Here are some of the stories I couldn’t get to last week:
Filmfalm. It’s not often that I find myself agreeing with Sara Okos with the Commonwealth Institute, but we see eye-to-eye on the subject of motion picture tax credits. The House of Delegates has passed a bill doubling the tax credit to up to $25 million over the biennial budget at a time when many other states are scaling back. Writes Okos in the Half Sheet:
The most rigorous studies show that motion picture tax credits aren’t effective generators of economic development. The jobs that they create are temporary and low-paying. In the movie biz, most highly paid, highly skilled workers are brought in from other regions, while low-skilled workers are the ones hired locally and take home only a fraction of the total wages associated with a project. Because the film industry is highly mobile, those jobs don’t last after a movie wraps.
House Republicans have lost their way. Seriously, how can they claim to be fiscal conservatives when they pull stunts like this? What’s going on? Are they hoping to pick up production of the Netflix political series “House of Cards,” which is threatening to pull up its sets and decamp to another state unless Maryland agrees to more tax credits? Yuck. If there’s a business dirtier than inside-Washington politics, it’s this one.
What’s happening in Charlottesville? Charlottesville appears in the list of 10 fastest-shrinking metropolitan economies in the United States, with a loss of 2.2% in gross metropolitan production, according to 24/7 Wall Street, the second straight year of decline. Yet unemployment remains at reasonably robust 4.6%. This makes no sense. I can’t think of anything that would account for such a shrinkage. Is this a statistical anomaly? Does anyone have an explanation?
Living the High Life in Tysons. We’ll soon find out how much market demand there is for living in Tysons. Developers have begun marketing new luxury high-rises being built as part of the mammoth make-over of the congested, car-centric business district into a walkable mixed-use community.
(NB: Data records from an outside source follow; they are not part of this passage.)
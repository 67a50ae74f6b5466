-- ===== src/Store/Cache.antt =====
-- Cached values with an expiry of their own: `kv_cache_get` and `kv_cache_set` of
-- oidc-gateway/src/store.rs, for JSON values.
use jetauth.Prelude.{
  Text, str, ltb, Result, ok, err, ℕ, Option, none, some, ◌+◌, ◌++◌, if◌then◌else◌,
}
use jetauth.Kv.{Kv, put, delete}
use jetauth.Action.{Action, pure, ignore, ◌>>◌}
use jetauth.Json.{Json}
use jetauth.Store.Wire.{Wire}
use jetauth.Store.Access.{kv_write}
use jetauth.Store.Refresh.{kv_get_raw}

abbrev pub cache : Text
cache = str "cache"

module _ {Payload : Type 0} (kv : Kv Payload) (wire : Wire Payload) (now : ℕ) where
  abbrev pub unless_over : Text → Result (Json × ℕ) → Action kv.State (Option Json)
  unless_over key (err e) s = (err (str "cache deserialize: " ++ e), s)
  unless_over key (ok (value, expires_at)) s =
      if ltb now expires_at
      then (ok (some value), s)
      else (ignore (kv_write kv delete cache key) >> pure none) s

  abbrev pub cached_or : Text → Result (Option Payload) → Action kv.State (Option Json)
  cached_or key (err e) s = (err e, s)
  cached_or key (ok none) s = (ok none, s)
  cached_or key (ok (some p)) s = unless_over key (wire.cached.decode p) s

  -- An entry that is over is deleted.
  unfoldable pub kv_cache_get : Text → Action kv.State (Option Json)
  unfolding kv_get_raw
  kv_cache_get key s = cached_or key (kv_get_raw kv wire cache key s) s

  unfoldable pub kv_cache_set : Text → Json → (ttl_secs : ℕ) → Action kv.State (Unit {0})
  kv_cache_set key value ttl_secs =
      kv_write kv (put (wire.cached.encode (value, now + ttl_secs)) (some ttl_secs)) cache key
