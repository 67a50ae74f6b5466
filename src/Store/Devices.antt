-- ===== src/Store/Devices.antt =====
-- Device codes: "Device Authorization Grant" of oidc-gateway/src/store.rs.
pub mod Status
use jetauth.Prelude.{
  Text, str, leb, Result, ok, err, ℕ, max, Option, none, some, map, ◌-◌, ◌&&◌, ◌++◌, ◌==◌,
  if◌then◌else◌, text_eq,
}
use jetauth.Kv.{Kv, put, cas, cas_delete, delete}
use jetauth.Action.{Action, pure, reads, ◌>>=◌, ◌>>◌}
use jetauth.Store.Types.{DeviceCode}
use jetauth.Store.Wire.{Wire}
use jetauth.Store.Refresh.{kv_get_raw}
use jetauth.Util.Utf8.{from_utf8_lossy}
use jetauth.Store.Access.{kv_get, kv_get_revision, kv_write, sessions}

abbrev pub ttl_device_code : ℕ
ttl_device_code = 300

abbrev pub device_key : Text → Text
device_key device_code = str "device:" ++ device_code

-- `c.to_ascii_uppercase()`: the user codes are ASCII.
unfoldable pub upper : ℕ → ℕ
upper c = if leb b'a' c && leb c b'z' then c - 32 else c

abbrev pub user_code_key : Text → Text
user_code_key user_code = str "device_user_code:" ++ map upper user_code

-- The entry with a status, a user and, where one is given, a session.
unfoldable pub with_status : Text → Option Text → Option Text → DeviceCode → DeviceCode
with_status status user_id none dc = record dc { status = status; user_id = user_id }
with_status status user_id (some sid) dc = record dc {
  status = status;
  user_id = user_id;
  sid = some sid;
}

module _ {Payload : Type 0} (kv : Kv Payload) (wire : Wire Payload) where
  unfoldable pub save_device_code : DeviceCode → Action kv.State (Unit {0})
  unfolding upper
  save_device_code dc =
      kv_write kv (put (wire.device.encode dc) (some ttl_device_code)) sessions
        (device_key dc.device_code)
      >> kv_write kv (put (wire.raw dc.device_code) (some ttl_device_code)) sessions
          (user_code_key dc.user_code)

  unfoldable pub get_device_code : Text → kv.State → Result (Option DeviceCode)
  get_device_code device_code = kv_get kv wire.device sessions (device_key device_code)

  unfoldable pub get_device_code_cas : Text → kv.State → Result (Option (DeviceCode × ℕ))
  get_device_code_cas device_code = kv_get_revision kv wire.device sessions (device_key device_code)

  abbrev by_bytes : Result (Option Payload) → kv.State → Result (Option DeviceCode)
  by_bytes (err e) s = err e
  by_bytes (ok none) s = ok none
  by_bytes (ok (some p)) s =
      if from_utf8_lossy (wire.bytes p) == wire.bytes p
      then get_device_code (wire.bytes p) s
      else err (str "invalid device code bytes")

  unfoldable pub get_device_code_by_user_code : Text → kv.State → Result (Option DeviceCode)
  unfolding kv_get_raw from_utf8_lossy get_device_code upper
  get_device_code_by_user_code user_code s =
      by_bytes (kv_get_raw kv wire sessions (user_code_key user_code) s) s

  unfoldable pub consume_device_code_cas : Text → ℕ → Action kv.State (Unit {0})
  consume_device_code_cas device_code revision =
      kv_write kv (cas_delete revision) sessions (device_key device_code)

  abbrev pub set_status :
      ℕ
      → Text
      → Text
      → Option Text
      → Option Text
      → Option (DeviceCode × ℕ)
      → Action kv.State (Unit {0})
  set_status now device_code status user_id sid none = pure tt
  set_status now device_code status user_id sid (some (dc, rev)) =
      kv_write kv
        (cas (wire.device.encode (with_status status user_id sid dc)) rev
          (some (max (dc.expires_at - now) 1)))
        sessions (device_key device_code)

  unfoldable pub update_device_code_status :
      ℕ → Text → Text → Option Text → Option Text → Action kv.State (Unit {0})
  unfolding with_status get_device_code_cas
  update_device_code_status now device_code status user_id sid = do
    read ← reads (get_device_code_cas device_code)
    set_status now device_code status user_id sid read

  unfoldable pub delete_device_code : Text → Action kv.State (Unit {0})
  delete_device_code device_code = kv_write kv delete sessions (device_key device_code)
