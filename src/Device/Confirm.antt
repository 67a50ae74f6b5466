-- ===== src/Device/Confirm.antt =====
-- The confirmation of a device: `create_approval` and `handle_confirmation` of
-- oidc-gateway/src/device.rs.
use jetauth.Prelude.{
  Text, str, ltb, ok, ok_or, ℕ, not, Option, none, some, ◌++◌, ◌==◌, if◌then◌else◌, text_eq,
}
use jetauth.Kv.{Kv, delete}
use jetauth.Action.{Action, pure, lift, reads, ignore, ◌>>=◌, ◌>>◌}
use jetauth.Json.{Json, text, null, obj, field, end}
use jetauth.Jwt.{str_field}
use jetauth.Store.Types.{User, DeviceCode}
use jetauth.Store.Records.{AuthSession}
use jetauth.Store.Wire.{Wire}
use jetauth.Store.Access.{kv_write}
use jetauth.Token.Issue.{required}
use jetauth.Store.Cache.{cache, kv_cache_get, kv_cache_set}
use jetauth.Store.Devices.{get_device_code, update_device_code_status}
use jetauth.Util.Query.{Form, form_value}
use jetauth.Device.Answers.{Answer, page_error, activated, declined}

abbrev pub approval_key : Text → Text
approval_key approval_token = str "device_approval:" ++ approval_token

abbrev text_or_null : Option Text → Json
text_or_null none = null
text_or_null (some t) = text t

-- What the approval token stands for.
unfoldable pub approval_record : AuthSession → User → Json
approval_record session user = obj (
    field (str "device_code") (text session.state) (
      field (str "user_id") (text user.id) (
        field (str "client_id") (text session.client_id)
          (field (str "sid") (text_or_null session.sid) end))))

abbrev pub decision_or_deny : Option Text → Text
decision_or_deny none = str "deny"
decision_or_deny (some decision) = decision

abbrev pub invalid_record : Text
invalid_record = str "invalid approval record"

-- `now` is what the clock gives at the places that read it.
module _ {Payload : Type 0} (kv : Kv Payload) (wire : Wire Payload) (now : ℕ → ℕ) where
  -- The random token is an argument.
  unfoldable pub create_approval :
      (approval_token : Text) → AuthSession → User → Action kv.State Text
  unfolding approval_record kv_cache_set
  create_approval approval_token session user =
      kv_cache_set kv wire (now 0) (approval_key approval_token) (approval_record session user) 300
      >> pure approval_token

  unfoldable pub decide :
      (decision device_code user_id : Text)
      → (sid : Option Text) → DeviceCode
      → Action kv.State Answer
  unfolding update_device_code_status
  decide decision device_code user_id sid dc s =
      if ltb dc.expires_at (now 1)
      then (ok (page_error (str "Code has expired. Please restart on your device.")), s)
      else if not (dc.status == str "pending")
      then (ok (page_error (str "This code has already been used.")), s)
      else if not (decision == str "approve")
      then (update_device_code_status kv wire (now 2) device_code (str "denied") none none
            >> pure declined)
          s
      else (update_device_code_status kv wire (now 2) device_code (str "approved") (some user_id)
              sid
            >> pure activated)
          s

  -- Behind the reading of the token's record, which is deleted.
  unfoldable pub with_record : (key decision : Text) → Json → Action kv.State Answer
  unfolding get_device_code decide
  with_record key decision entry = do
    ignore (kv_write kv delete cache key)
    device_code ← lift (ok_or (str_field entry (str "device_code")) invalid_record)
    user_id ← lift (ok_or (str_field entry (str "user_id")) invalid_record)
    dc ← reads (λ s.
        required (str "device code not found or expired") (get_device_code kv wire device_code s))
    decide decision device_code user_id (str_field entry (str "sid")) dc

  abbrev pub of_record : (key decision : Text) → Option Json → Action kv.State Answer
  of_record key decision none s = (
    ok (
        page_error (
          str "This confirmation has expired or was already used. Please restart on your device.")),
    s,
  )
  of_record key decision (some entry) s = with_record key decision entry s

  unfoldable pub handle_confirmation : Form → Action kv.State Answer
  unfolding kv_cache_get with_record
  handle_confirmation form = do
    approval_token ←
        lift (ok_or (form_value form (str "approval_token")) (str "missing approval_token"))
    entry ← kv_cache_get kv wire (now 0) (approval_key approval_token)
    of_record (approval_key approval_token) (decision_or_deny (form_value form (str "decision")))
        entry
One-room studios are being listed for between $3 and $4 per square foot — the same price as in the established Clarendon neighborhood of Arlington County, considerably more expensive than in Reston but cheaper than in Washington, D.C. The tricky part is this: Renters would be paying walkable-neighborhood prices… without the walkable neighborhoods. They might get a walkable city block, but it will take years for the rest of the walkable urban fabric to fill in around them. The Washington Post has the story here.
Preserving gravel roads. Here’s an interesting turn-around. Typically, Virginians living on dirt and gravel roads have begged and pleaded with the Virginia Department of Transportation to pave them. Now comes a bill, HB 416, that would require VDOT to keep 300 miles of unpaved road in western Loudoun County as they are rather than paving, straightening or widening them. It appears that the residents of rural Loudoun like their windy dirt roads, some of which pre-date the Civil War, and want to keep them that way. Greater Greater Washington has the story here.